'''
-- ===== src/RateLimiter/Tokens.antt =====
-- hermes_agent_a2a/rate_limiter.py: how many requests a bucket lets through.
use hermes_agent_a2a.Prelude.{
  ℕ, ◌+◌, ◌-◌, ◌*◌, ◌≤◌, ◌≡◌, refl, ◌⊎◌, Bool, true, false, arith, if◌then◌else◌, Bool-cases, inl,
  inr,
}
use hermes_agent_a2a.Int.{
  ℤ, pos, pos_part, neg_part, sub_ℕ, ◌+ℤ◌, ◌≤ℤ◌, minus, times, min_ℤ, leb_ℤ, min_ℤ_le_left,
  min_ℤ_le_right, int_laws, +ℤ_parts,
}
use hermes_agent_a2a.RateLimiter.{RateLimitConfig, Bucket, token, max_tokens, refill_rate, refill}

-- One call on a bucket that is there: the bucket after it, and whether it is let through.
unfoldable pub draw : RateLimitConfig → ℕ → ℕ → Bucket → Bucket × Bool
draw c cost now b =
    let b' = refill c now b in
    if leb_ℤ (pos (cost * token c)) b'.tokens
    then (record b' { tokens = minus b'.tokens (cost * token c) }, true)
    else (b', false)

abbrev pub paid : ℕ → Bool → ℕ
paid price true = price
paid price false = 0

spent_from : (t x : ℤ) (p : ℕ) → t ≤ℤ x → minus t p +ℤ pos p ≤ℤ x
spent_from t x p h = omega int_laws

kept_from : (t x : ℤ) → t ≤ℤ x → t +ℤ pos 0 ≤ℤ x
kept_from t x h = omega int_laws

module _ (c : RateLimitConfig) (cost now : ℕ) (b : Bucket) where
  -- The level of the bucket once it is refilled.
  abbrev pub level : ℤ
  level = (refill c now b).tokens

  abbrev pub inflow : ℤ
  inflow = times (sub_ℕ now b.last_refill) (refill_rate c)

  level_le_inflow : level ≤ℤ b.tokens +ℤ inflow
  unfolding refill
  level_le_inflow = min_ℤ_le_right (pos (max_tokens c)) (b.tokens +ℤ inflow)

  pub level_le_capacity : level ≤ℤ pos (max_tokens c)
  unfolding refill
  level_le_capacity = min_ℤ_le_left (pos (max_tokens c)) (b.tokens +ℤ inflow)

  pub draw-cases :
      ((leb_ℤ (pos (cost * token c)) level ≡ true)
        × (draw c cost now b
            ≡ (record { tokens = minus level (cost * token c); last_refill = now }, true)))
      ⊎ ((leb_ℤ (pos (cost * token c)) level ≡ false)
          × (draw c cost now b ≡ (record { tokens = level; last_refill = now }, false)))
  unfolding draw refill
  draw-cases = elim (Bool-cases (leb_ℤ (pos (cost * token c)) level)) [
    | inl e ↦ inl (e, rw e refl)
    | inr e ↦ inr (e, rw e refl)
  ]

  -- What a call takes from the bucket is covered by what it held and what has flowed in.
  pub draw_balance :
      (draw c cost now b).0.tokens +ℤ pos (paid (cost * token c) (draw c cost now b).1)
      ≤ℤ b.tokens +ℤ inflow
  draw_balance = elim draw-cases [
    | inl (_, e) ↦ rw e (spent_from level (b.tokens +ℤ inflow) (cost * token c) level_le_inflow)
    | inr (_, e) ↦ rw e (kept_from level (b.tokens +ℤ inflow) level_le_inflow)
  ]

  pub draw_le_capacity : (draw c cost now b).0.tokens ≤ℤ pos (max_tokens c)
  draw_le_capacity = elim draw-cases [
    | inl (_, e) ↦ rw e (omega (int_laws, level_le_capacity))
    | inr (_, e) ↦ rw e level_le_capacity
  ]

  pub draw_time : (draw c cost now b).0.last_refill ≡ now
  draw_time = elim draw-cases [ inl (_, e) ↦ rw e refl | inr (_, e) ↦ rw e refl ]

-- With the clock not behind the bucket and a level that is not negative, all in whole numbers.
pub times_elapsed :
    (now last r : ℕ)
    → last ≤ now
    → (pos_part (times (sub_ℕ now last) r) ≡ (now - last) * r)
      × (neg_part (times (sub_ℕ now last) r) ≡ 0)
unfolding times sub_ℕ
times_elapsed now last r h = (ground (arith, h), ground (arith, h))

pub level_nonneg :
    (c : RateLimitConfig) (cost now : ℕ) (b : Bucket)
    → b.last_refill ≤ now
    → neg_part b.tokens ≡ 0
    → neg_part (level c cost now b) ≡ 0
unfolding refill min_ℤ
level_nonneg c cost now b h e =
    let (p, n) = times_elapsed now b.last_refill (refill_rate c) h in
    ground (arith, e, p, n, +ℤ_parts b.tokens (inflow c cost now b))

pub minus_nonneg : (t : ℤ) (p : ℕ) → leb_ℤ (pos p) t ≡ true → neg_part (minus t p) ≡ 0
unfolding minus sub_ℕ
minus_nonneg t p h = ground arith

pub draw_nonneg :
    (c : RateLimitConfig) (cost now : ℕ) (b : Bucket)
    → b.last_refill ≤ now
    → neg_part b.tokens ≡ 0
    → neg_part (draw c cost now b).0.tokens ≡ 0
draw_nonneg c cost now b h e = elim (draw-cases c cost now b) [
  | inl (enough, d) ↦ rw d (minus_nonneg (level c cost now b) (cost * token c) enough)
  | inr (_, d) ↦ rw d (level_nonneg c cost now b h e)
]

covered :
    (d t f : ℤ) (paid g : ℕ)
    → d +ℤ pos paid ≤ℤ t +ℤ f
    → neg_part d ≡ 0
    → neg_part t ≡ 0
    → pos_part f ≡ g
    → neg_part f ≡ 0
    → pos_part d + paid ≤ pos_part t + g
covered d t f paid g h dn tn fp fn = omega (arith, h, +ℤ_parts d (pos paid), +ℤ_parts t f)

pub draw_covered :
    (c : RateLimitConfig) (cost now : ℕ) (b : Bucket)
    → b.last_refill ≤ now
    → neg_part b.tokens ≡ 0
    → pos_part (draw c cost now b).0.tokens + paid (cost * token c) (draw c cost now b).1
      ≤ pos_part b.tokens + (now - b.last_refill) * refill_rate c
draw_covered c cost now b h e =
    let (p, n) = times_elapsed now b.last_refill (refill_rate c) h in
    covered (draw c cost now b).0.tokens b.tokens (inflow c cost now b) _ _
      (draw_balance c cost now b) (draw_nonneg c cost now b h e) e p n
'''
'''
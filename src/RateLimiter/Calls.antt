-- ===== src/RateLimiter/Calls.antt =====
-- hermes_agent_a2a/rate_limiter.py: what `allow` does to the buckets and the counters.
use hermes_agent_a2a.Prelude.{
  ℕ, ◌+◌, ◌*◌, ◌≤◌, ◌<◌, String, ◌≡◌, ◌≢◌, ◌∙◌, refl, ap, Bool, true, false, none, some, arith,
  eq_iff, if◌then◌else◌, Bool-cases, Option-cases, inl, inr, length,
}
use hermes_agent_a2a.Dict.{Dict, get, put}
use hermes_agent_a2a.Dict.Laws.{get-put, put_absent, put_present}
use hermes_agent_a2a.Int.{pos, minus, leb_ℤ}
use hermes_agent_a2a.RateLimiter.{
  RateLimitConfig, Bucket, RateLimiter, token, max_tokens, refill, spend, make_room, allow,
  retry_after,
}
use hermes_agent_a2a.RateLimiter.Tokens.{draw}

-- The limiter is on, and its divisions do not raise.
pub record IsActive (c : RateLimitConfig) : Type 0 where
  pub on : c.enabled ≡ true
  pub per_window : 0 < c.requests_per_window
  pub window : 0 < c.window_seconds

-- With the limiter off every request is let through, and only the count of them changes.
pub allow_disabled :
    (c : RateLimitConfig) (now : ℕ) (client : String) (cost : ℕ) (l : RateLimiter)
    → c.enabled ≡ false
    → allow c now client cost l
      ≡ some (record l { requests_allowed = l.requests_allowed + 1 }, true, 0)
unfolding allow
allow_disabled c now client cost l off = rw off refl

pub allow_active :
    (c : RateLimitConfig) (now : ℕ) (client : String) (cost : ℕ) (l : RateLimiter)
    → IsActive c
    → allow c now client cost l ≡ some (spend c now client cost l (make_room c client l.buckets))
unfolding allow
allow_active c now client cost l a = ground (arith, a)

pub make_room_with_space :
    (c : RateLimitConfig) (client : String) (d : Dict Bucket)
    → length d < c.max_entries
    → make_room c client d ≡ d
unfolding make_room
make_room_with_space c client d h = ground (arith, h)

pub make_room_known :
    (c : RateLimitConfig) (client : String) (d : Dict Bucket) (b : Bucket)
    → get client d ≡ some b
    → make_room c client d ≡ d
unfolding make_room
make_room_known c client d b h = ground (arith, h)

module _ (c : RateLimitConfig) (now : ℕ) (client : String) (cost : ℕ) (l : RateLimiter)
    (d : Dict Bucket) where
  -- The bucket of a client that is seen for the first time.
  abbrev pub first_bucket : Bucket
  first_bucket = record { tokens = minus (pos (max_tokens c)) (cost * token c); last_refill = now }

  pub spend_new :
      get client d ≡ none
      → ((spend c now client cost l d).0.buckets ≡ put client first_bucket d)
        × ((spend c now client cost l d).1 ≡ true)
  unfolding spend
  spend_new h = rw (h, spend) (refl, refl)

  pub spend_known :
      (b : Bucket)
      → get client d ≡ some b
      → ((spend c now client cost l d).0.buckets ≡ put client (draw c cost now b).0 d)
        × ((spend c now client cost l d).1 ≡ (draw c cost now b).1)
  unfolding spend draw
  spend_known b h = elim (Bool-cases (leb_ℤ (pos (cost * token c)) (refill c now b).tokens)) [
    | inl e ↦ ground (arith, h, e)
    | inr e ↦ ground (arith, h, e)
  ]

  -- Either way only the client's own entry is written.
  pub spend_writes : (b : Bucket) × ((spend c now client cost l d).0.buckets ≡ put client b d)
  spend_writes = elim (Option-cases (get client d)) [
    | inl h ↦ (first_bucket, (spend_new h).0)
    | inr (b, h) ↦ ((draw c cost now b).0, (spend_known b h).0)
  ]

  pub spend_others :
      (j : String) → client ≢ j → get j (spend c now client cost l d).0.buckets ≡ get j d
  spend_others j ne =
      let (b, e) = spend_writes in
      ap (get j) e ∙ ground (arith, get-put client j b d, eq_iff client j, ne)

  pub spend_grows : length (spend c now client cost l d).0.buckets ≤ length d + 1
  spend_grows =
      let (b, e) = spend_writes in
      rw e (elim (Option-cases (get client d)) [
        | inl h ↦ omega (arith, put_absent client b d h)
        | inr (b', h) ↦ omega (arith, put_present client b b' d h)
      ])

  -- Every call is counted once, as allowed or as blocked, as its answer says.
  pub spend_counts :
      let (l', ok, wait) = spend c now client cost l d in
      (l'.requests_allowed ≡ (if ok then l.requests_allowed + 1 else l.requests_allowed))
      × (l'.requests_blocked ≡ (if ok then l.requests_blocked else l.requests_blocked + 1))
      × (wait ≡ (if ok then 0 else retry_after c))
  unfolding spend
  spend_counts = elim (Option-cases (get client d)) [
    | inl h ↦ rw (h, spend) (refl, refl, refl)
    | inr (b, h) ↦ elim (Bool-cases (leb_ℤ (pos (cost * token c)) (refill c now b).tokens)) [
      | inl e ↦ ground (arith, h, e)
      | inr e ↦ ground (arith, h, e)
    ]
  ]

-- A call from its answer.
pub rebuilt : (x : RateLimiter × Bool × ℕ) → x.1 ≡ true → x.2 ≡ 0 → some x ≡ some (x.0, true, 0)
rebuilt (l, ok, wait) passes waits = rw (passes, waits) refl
'''
▸ **What you should do**
Once you reach the line with "draw_covered c cost" in the data above, copy it and every line after it exactly, up to and including the line with "(draw_balance c cost".

▸ **Task solution**
draw_covered c cost now b h e =
    let (p, n) = times_elapsed now b.last_refill (refill_rate c) h in
    covered (draw c cost now b).0.tokens b.tokens (inflow c cost now b) _ _
      (draw_balance c cost now b) (draw_nonneg c cost now b h e) e p n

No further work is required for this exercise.